### Supplied material ###

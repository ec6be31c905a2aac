-- ===== src/FileSystem/Chain.antt =====
-- The block chains of src/filesystem.c: the walks of `fs_delete`, `fs_write` and `fs_read` end.
use fleetos.Base.{
  ℕ, zero, suc, ◌-◌, ◌<◌, ◌≡◌, refl, sym, ◌∙◌, ◌≢◌, List, [], ◌∷◌, ◌++◌, arith, ltb, if◌then◌else◌,
  length, get_or, set, take, min, length-set, get_or-set_ne, get_or-set_self, ℤ, pos, minus_one,
  some, All, replicate, lt→ltb, subst,
}
use fleetos.FileSystem.{FileSystem, free_chain, read_blocks, free_mark, block_size, block_count}

-- From `blk` the FAT leads through the blocks `bs` to the end mark.
abbrev pub Chain : List ℤ → ℤ → List ℕ → Type 0
Chain fat blk [] = blk ≡ minus_one
Chain fat blk (b ∷ bs) = (blk ≡ pos b) × (b < block_count) × Chain fat (get_or fat b minus_one) bs

abbrev pub Distinct : List ℕ → Type 0
Distinct [] = Unit
Distinct (b ∷ bs) = All (λ c. b ≢ c) bs × Distinct bs

-- A write to a block that is not on the chain leaves the chain.
pub Chain-set :
    (fat : List ℤ) (blk : ℤ) (bs : List ℕ) (b : ℕ) (v : ℤ)
    → All (λ c. b ≢ c) bs
    → Chain fat blk bs
    → Chain (set fat b v) blk bs
Chain-set fat blk [] b v apart c = c
Chain-set fat blk (x ∷ bs) b v apart c = (
  c.0,
  c.1,
  subst (λ next. Chain (set fat b v) next bs) (sym (get_or-set_ne fat b x v minus_one apart.0))
      (Chain-set fat (get_or fat x minus_one) bs b v apart.1 c.2),
)

-- The file system with the blocks `bs` freed and zeroed, the first one first.
unfoldable pub release : List ℕ → FileSystem → FileSystem
release [] fs = fs
release (b ∷ bs) fs =
    release bs (record fs {
      fat = set fs.fat b free_mark;
      blocks = set fs.blocks b (replicate block_size 0);
    })

-- Enough fuel for a chain: the walk of `fs_delete` ends, and frees the blocks of the chain.
pub free_chain-release :
    (n : ℕ) (fs : FileSystem) (blk : ℤ) (bs : List ℕ)
    → Chain fs.fat blk bs
    → Distinct bs
    → length bs < n
    → free_chain n fs blk ≡ some (release bs fs)
unfolding free_chain release
free_chain-release zero fs blk bs c d h = absurd (omega arith)
free_chain-release (suc n) fs blk [] c d h = rw c
free_chain-release (suc n) fs blk (b ∷ bs) c d h =
    let freed : FileSystem = record fs {
      fat = set fs.fat b free_mark;
      blocks = set fs.blocks b (replicate block_size 0);
    } in
    rw (c.0, lt→ltb b block_count c.1)
      (free_chain-release n freed (get_or fs.fat b minus_one) bs
        (Chain-set fs.fat (get_or fs.fat b minus_one) bs b free_mark d.0 c.2) d.1 (omega arith))

-- What reading the chain yields: from each block as many bytes as are asked for and left.
unfoldable pub chain_content : FileSystem → List ℕ → (room left : ℕ) → List ℕ
chain_content fs [] room left = []
chain_content fs (b ∷ bs) room left =
    let chunk = min (min room block_size) left in
    if ltb 0 room
    then take chunk (get_or fs.blocks b []) ++ chain_content fs bs (room - chunk) (left - chunk)
    else []

pub read_blocks-Chain :
    (n : ℕ) (fs : FileSystem) (blk : ℤ) (bs : List ℕ) (room left : ℕ)
    → Chain fs.fat blk bs
    → length bs < n
    → read_blocks n fs blk room left ≡ some (chain_content fs bs room left)
unfolding read_blocks chain_content
read_blocks-Chain zero fs blk bs room left c h = absurd (omega arith)
read_blocks-Chain (suc n) fs blk [] room left c h = rw c
read_blocks-Chain (suc n) fs blk (b ∷ bs) room left c h =
    let chunk = min (min room block_size) left in
    rw c.0 (
      ground (
        arith,
        lt→ltb b block_count c.1,
        read_blocks-Chain n fs (get_or fs.fat b minus_one) bs (room - chunk) (left - chunk) c.2,
      ))

pub length-release_fat :
    (bs : List ℕ) (fs : FileSystem) → length (release bs fs).fat ≡ length fs.fat
unfolding release
length-release_fat [] fs = refl
length-release_fat (b ∷ bs) fs = length-release_fat bs _ ∙ length-set fs.fat b free_mark

-- Blocks off the chain keep their link.
pub release_keeps :
    (bs : List ℕ) (fs : FileSystem) (c : ℕ)
    → All (λ b. b ≢ c) bs
    → get_or (release bs fs).fat c minus_one ≡ get_or fs.fat c minus_one
unfolding release
release_keeps [] fs c h = refl
release_keeps (b ∷ bs) fs c h =
    release_keeps bs _ c h.1 ∙ get_or-set_ne fs.fat b c free_mark minus_one h.0

All-flip : (c : ℕ) (bs : List ℕ) → All (λ b. c ≢ b) bs → All (λ b. b ≢ c) bs
All-flip c [] h = tt
All-flip c (b ∷ bs) h = ((λ e. h.0 (sym e)), All-flip c bs h.1)

-- Blocks of the chain are free afterwards.
pub release_frees :
    (bs : List ℕ) (fs : FileSystem)
    → All (λ b. b < length fs.fat) bs
    → Distinct bs
    → All (λ b. get_or (release bs fs).fat b minus_one ≡ free_mark) bs
unfolding release
release_frees [] fs within d = tt
release_frees (b ∷ bs) fs within d = (
  release_keeps bs _ b (All-flip b bs d.0) ∙ get_or-set_self fs.fat b free_mark minus_one within.0,
  release_frees bs _ (within_set bs fs.fat b within.1) d.1,
)
  where
    within_set :
        (cs : List ℕ) (fat : List ℤ) (b : ℕ)
        → All (λ c. c < length fat) cs
        → All (λ c. c < length (set fat b free_mark)) cs
    within_set [] fat b h = tt
    within_set (c ∷ cs) fat b h =
        (omega (arith, h.0, length-set fat b free_mark), within_set cs fat b h.1)

pub Chain-within :
    (fat : List ℤ) (blk : ℤ) (bs : List ℕ) → Chain fat blk bs → All (λ b. b < block_count) bs
Chain-within fat blk [] c = tt
Chain-within fat blk (b ∷ bs) c = (c.1, Chain-within fat (get_or fat b minus_one) bs c.2)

###

**Task requirements**. All of the data above needs to be written out again, exactly.

**Result**.
repository ec6be31c905a2aac
-- ===== src/FileSystem/Chain.antt =====
-- The block chains of src/filesystem.c: the walks of `fs_delete`, `fs_write` and `fs_read` end.
use fleetos.Base.{
  ℕ, zero, suc, ◌-◌, ◌<◌, ◌≡◌, refl, sym, ◌∙◌, ◌≢◌, List, [], ◌∷◌, ◌++◌, arith, ltb, if◌then◌else◌,
  length, get_or, set, take, min, length-set, get_or-set_ne, get_or-set_self, ℤ, pos, minus_one,
  some, All, replicate, lt→ltb, subst,
}
use fleetos.FileSystem.{FileSystem, free_chain, read_blocks, free_mark, block_size, block_count}

-- From `blk` the FAT leads through the blocks `bs` to the end mark.
abbrev pub Chain : List ℤ → ℤ → List ℕ → Type 0
Chain fat blk [] = blk ≡ minus_one
Chain fat blk (b ∷ bs) = (blk ≡ pos b) × (b < block_count) × Chain fat (get_or fat b minus_one) bs

abbrev pub Distinct : List ℕ → Type 0
Distinct [] = Unit
Distinct (b ∷ bs) = All (λ c. b ≢ c) bs × Distinct bs

-- A write to a block that is not on the chain leaves the chain.
pub Chain-set :
    (fat : List ℤ) (blk : ℤ) (bs : List ℕ) (b : ℕ) (v : ℤ)
    → All (λ c. b ≢ c) bs
    → Chain fat blk bs
    → Chain (set fat b v) blk bs
Chain-set fat blk [] b v apart c = c
Chain-set fat blk (x ∷ bs) b v apart c = (
  c.0,
  c.1,
  subst (λ next. Chain (set fat b v) next bs) (sym (get_or-set_ne fat b x v minus_one apart.0))
      (Chain-set fat (get_or fat x minus_one) bs b v apart.1 c.2),
)

-- The file system with the blocks `bs` freed and zeroed, the first one first.
unfoldable pub release : List ℕ → FileSystem → FileSystem
release [] fs = fs
release (b ∷ bs) fs =
    release bs (record fs {
      fat = set fs.fat b free_mark;
      blocks = set fs.blocks b (replicate block_size 0);
    })

-- Enough fuel for a chain: the walk of `fs_delete` ends, and frees the blocks of the chain.
pub free_chain-release :
    (n : ℕ) (fs : FileSystem) (blk : ℤ) (bs : List ℕ)
    → Chain fs.fat blk bs
    → Distinct bs
    → length bs < n
    → free_chain n fs blk ≡ some (release bs fs)
unfolding free_chain release
free_chain-release zero fs blk bs c d h = absurd (omega arith)
free_chain-release (suc n) fs blk [] c d h = rw c
free_chain-release (suc n) fs blk (b ∷ bs) c d h =
    let freed : FileSystem = record fs {
      fat = set fs.fat b free_mark;
      blocks = set fs.blocks b (replicate block_size 0);
    } in
    rw (c.0, lt→ltb b block_count c.1)
      (free_chain-release n freed (get_or fs.fat b minus_one) bs
        (Chain-set fs.fat (get_or fs.fat b minus_one) bs b free_mark d.0 c.2) d.1 (omega arith))

-- What reading the chain yields: from each block as many bytes as are asked for and left.
unfoldable pub chain_content : FileSystem → List ℕ → (room left : ℕ) → List ℕ
chain_content fs [] room left = []
chain_content fs (b ∷ bs) room left =
    let chunk = min (min room block_size) left in
    if ltb 0 room
    then take chunk (get_or fs.blocks b []) ++ chain_content fs bs (room - chunk) (left - chunk)
    else []

pub read_blocks-Chain :
    (n : ℕ) (fs : FileSystem) (blk : ℤ) (bs : List ℕ) (room left : ℕ)
    → Chain fs.fat blk bs
    → length bs < n
    → read_blocks n fs blk room left ≡ some (chain_content fs bs room left)
unfolding read_blocks chain_content
read_blocks-Chain zero fs blk bs room left c h = absurd (omega arith)
read_blocks-Chain (suc n) fs blk [] room left c h = rw c
read_blocks-Chain (suc n) fs blk (b ∷ bs) room left c h =
    let chunk = min (min room block_size) left in
    rw c.0 (
      ground (
        arith,
        lt→ltb b block_count c.1,
        read_blocks-Chain n fs (get_or fs.fat b minus_one) bs (room - chunk) (left - chunk) c.2,
      ))

pub length-release_fat :
    (bs : List ℕ) (fs : FileSystem) → length (release bs fs).fat ≡ length fs.fat
unfolding release
length-release_fat [] fs = refl
length-release_fat (b ∷ bs) fs = length-release_fat bs _ ∙ length-set fs.fat b free_mark

-- Blocks off the chain keep their link.
pub release_keeps :
    (bs : List ℕ) (fs : FileSystem) (c : ℕ)
    → All (λ b. b ≢ c) bs
    → get_or (release bs fs).fat c minus_one ≡ get_or fs.fat c minus_one
unfolding release
release_keeps [] fs c h = refl
release_keeps (b ∷ bs) fs c h =
    release_keeps bs _ c h.1 ∙ get_or-set_ne fs.fat b c free_mark minus_one h.0

All-flip : (c : ℕ) (bs : List ℕ) → All (λ b. c ≢ b) bs → All (λ b. b ≢ c) bs
All-flip c [] h = tt
All-flip c (b ∷ bs) h = ((λ e. h.0 (sym e)), All-flip c bs h.1)

-- Blocks of the chain are free afterwards.
pub release_frees :
    (bs : List ℕ) (fs : FileSystem)
    → All (λ b. b < length fs.fat) bs
    → Distinct bs
    → All (λ b. get_or (release bs fs).fat b minus_one ≡ free_mark) bs
unfolding release
release_frees [] fs within d = tt
release_frees (b ∷ bs) fs within d = (
  release_keeps bs _ b (All-flip b bs d.0) ∙ get_or-set_self fs.fat b free_mark minus_one within.0,
  release_frees bs _ (within_set bs fs.fat b within.1) d.1,
)
  where
    within_set :
        (cs : List ℕ) (fat : List ℤ) (b : ℕ)
        → All (λ c. c < length fat) cs
        → All (λ c. c < length (set fat b free_mark)) cs
    within_set [] fat b h = tt
    within_set (c ∷ cs) fat b h =
        (omega (arith, h.0, length-set fat b free_mark), within_set cs fat b h.1)

pub Chain-within :
    (fat : List ℤ) (blk : ℤ) (bs : List ℕ) → Chain fat blk bs → All (λ b. b < block_count) bs
Chain-within fat blk [] c = tt
Chain-within fat blk (b ∷ bs) c = (c.1, Chain-within fat (get_or fat b minus_one) bs c.2)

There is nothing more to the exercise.